Maybe somewhere, a few hours' drive north of where I live, covered by a few feet of soil, tree roots and moss, a silted-in passage leads down to a chamber where equipment - and maybe something else - has been waiting for half a billion years.

Maybe what was a deeply-buried tomb has become a shallow grave. Shallow enough to allow escape.

Maybe H. P. Lovecraft was an optimist.

And the Moral of This Story Is - - -

Obsessing over nit-picking details isn't a good way of getting a project finished - and probably wouldn't result in a particularly interesting story. On the other hand, I think it's a good idea to do a little homework, check the numbers, and avoid having your characters ride a bus from Hawaii to Florida.

That yarn about a Thing buried in northern Minnesota? No, I really don't think so. On the other hand, paying attention to the scale of the universe - in time and space - allows a writer to start imagining on a large scale.

Related posts: Background:
1 I wouldn't have the distance between Sirius and the closest major star, if I didn't use The Internet Stellar Database. That website has the position of (most) stars within 75 light years of us, and a pretty-good online function for getting distances between stars. I'd be able to figure it out, with a star catalog I've got: but the math is a bit tedious.
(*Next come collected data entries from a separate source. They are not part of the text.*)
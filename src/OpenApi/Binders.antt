-- ===== src/OpenApi/Binders.antt =====
-- Registered path binders and the OpenAPI path of their route.
use grpc_composition.Common.{◌≡◌, ◌≢◌, inl, inr, List, [], ◌∷◌, some, Text, codes, ok}
use grpc_composition.Common.{All, Any}
use grpc_composition.Std.Strings.{split}
use grpc_composition.Host.{Host}
use grpc_composition.Spec.{ParamSpec, in_path}
use grpc_composition.Globals.{Binder}
use grpc_composition.Patterns.{validate_path_binders}
use grpc_composition.Patterns.Params.{
  in_braces, DeclaresParam, IsMatched, pattern_path_params_iff, validate_path_binders_iff,
}
use grpc_composition.OpenApi.{normalize_path}
use grpc_composition.OpenApi.Templates.{normalize_path-params}

proper_name :
    (name : Text) (segs : List Text)
    → Any (DeclaresParam name) segs
    → (name ≢ []) × (name ≢ codes "$")
proper_name name [] h = absurd h
proper_name name (seg ∷ segs) (inl (nonempty, no_dollar, _)) = (nonempty, no_dollar)
proper_name name (seg ∷ segs) (inr h) = proper_name name segs h

module _ (H : Host) {Req : Type 0} where
  -- The path parameter that a binder documents, if any, stands in the OpenAPI path of the pattern.
  abbrev pub StandsInPath : Text → Binder H Req → Type 0
  StandsInPath pattern_text b =
      (spec : ParamSpec)
      → b.param_spec ≡ some spec
      → spec.location ≡ in_path
      → Any (λ seg. seg ≡ in_braces spec.name) (split (normalize_path pattern_text) b'/')

  stands_of_matched :
      (pattern_text : Text) (b : Binder H Req)
      → IsMatched H pattern_text b
      → StandsInPath pattern_text b
  stands_of_matched pattern_text b matched spec e local =
      let declared = matched spec e local in
      let proper = proper_name spec.name (split pattern_text b'/') declared in
      (normalize_path-params pattern_text spec.name proper.0 proper.1).1
        ((pattern_path_params_iff pattern_text spec.name).1 declared)

  all_stand :
      (pattern_text : Text) (bs : List (Binder H Req))
      → All (IsMatched H pattern_text) bs
      → All (StandsInPath pattern_text) bs
  all_stand pattern_text [] h = tt
  all_stand pattern_text (b ∷ bs) h =
      (stands_of_matched pattern_text b h.0, all_stand pattern_text bs h.1)

  -- Where a registration passes the check of its binders, every path parameter that one of them
  -- documents stands as a segment `{name}` in the OpenAPI path of the route.
  pub validate_path_binders-StandsInPath :
      (verb pattern_text : Text) (bs : List (Binder H Req))
      → validate_path_binders H verb pattern_text bs ≡ ok tt
      → All (StandsInPath pattern_text) bs
  validate_path_binders-StandsInPath verb pattern_text bs valid =
      all_stand pattern_text bs ((validate_path_binders_iff H verb pattern_text bs).0 valid)
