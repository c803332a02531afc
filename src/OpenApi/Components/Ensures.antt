-- ===== src/OpenApi/Components/Ensures.antt =====
-- What a step that has returned gives, and where the entries of its table come from.
use grpc_composition.Common.{
  ◌≡◌, sym, ap, ◌∙◌, ◌⊎◌, inl, inr, Bool, true, false, some, Text, if◌then◌else◌, text_eq,
  text_eq_iff, Option-cases, Bool-cases, lookup, insert, lookup-insert,
}
use mathlib.Core.Option.{some-injective}
use mathlib.Core.Path.{subst}
use grpc_composition.OpenApi.Schema.{Schema, any_value}
use grpc_composition.OpenApi.Components.{Schemas, Step, pure, bind_step, reference, component}
use grpc_composition.OpenApi.Components.Steps.{bind_step-returned, component-made, component-found}

-- `Made` holds of the names and the entries that steps may put into the table.
module _ (Made : Text → Schema → Type 0) where
  -- Every entry of the second table stands in the first one, or is made.
  abbrev pub Extends : Schemas → Schemas → Type 0
  Extends st st' =
      (name : Text) (s : Schema)
      → lookup name st' ≡ some s
      → (lookup name st ≡ some s) ⊎ Made name s

  -- Where the step returns, its value has the property, and it extends the table.
  pub record Ensures {A : Type 0} (Q : A → Type 0) (m : Step A) : Type 0 where
    pub ensured : (st : Schemas) (r : A × Schemas) → m st ≡ some r → Extends st r.1 × Q r.0

  pub Extends-trans : (st st1 st2 : Schemas) → Extends st st1 → Extends st1 st2 → Extends st st2
  Extends-trans st st1 st2 h k name s e = elim (k name s e) [
    | inl before ↦ h name s before
    | inr made ↦ inr made
  ]

  module _ {A : Type 0} {Q : A → Type 0} where
    pub Ensures-pure : (a : A) → Q a → Ensures Q (pure a)
    Ensures-pure a q = record {
      ensured = λ st r e.
          let same : (a, st) ≡ r = some-injective _ _ e in
          subst (λ (r : A × Schemas). Extends st r.1 × Q r.0) same ((λ name s h. inl h), q);
    }

    pub Ensures-bind :
        {B : Type 0} {P : B → Type 0} (m : Step B) (f : B → Step A)
        → Ensures P m
        → ((b : B) → P b → Ensures Q (f b))
        → Ensures Q (bind_step m f)
    Ensures-bind m f first rest = record {
      ensured = λ st r e.
          let (b, st1, e1, e2) = bind_step-returned m f st r.1 r.0 e in
          let (grows, p) = first.ensured st (b, st1) e1 in
          let (grows', q) = (rest b p).ensured st1 r e2 in
          (Extends-trans st st1 r.1 grows grows', q);
    }

    pub Ensures-if :
        (c : Bool) (m n : Step A) → Ensures Q m → Ensures Q n → Ensures Q (if c then m else n)
    Ensures-if true m n h k = h
    Ensures-if false m n h k = k

  -- An entry of the table once the schema of a new name is put into it.
  placed :
      (st st1 : Schemas) (name : Text) (s : Schema) (k : Text) (t : Schema)
      → Extends (insert name any_value st) st1
      → Made name s
      → lookup k (insert name s st1) ≡ some t
      → (lookup k st ≡ some t) ⊎ Made k t
  placed st st1 name s k t grows q h = elim (Bool-cases (text_eq name k)) [
    | inl same ↦
        let is : s ≡ t = some-injective s t (rw (lookup-insert, same) at h) in
        inr (subst (λ t. Made k t) is (subst (λ k. Made k s) ((text_eq_iff name k).0 same) q))
    | inr other ↦ elim (grows k t (rw (lookup-insert, other) at h)) [
      | inl before ↦ inl (rw (lookup-insert, other) at before)
      | inr made ↦ inr made
    ]
  ]

  pub Ensures-component :
      (name : Text) (make : Step Schema)
      → Ensures (Made name) make
      → Ensures (λ s. s ≡ reference name) (component name make)
  Ensures-component name make made = record {
    ensured = λ st r e. elim (Option-cases (lookup name st)) [
      | inr (s, there) ↦
          let same : (reference name, st) ≡ r =
            some-injective _ _ (sym (component-found name make st s there) ∙ e) in
          ((λ k t h. inl (rw (ap (λ x. x.1) same) h)), sym (ap (λ x. x.0) same))
      | inl fresh ↦
          let (s, st1, is, value, _, table) = component-made name make st r.1 r.0 fresh e in
          let (grows, q) = made.ensured (insert name any_value st) (s, st1) is in
          ((λ k t h. placed st st1 name s k t grows q (rw table at h)), value)
    ];
  }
2 At this scale, a light year (5,878,786,100,000 miles) is 246,909,012 feet, if I've got the numbers right. Or, again on this scale, a light year is around 46,700 miles. Which makes Alpha Centauri, the nearest main-sequence star (stars - it's a binary, at least), at 4.39 light years, around 205,290 miles away. Which is closer than the moon, but not by much. The distance from the center of Earth to the center of our moon is about 238,890 miles. On average. The moon's orbit is slightly elliptical, so the center-to-center distance ranges from 225,740 to 251,970 miles. According to a page at NASA, anyway. They should know, since they've sent a few ships out there - and gotten them back.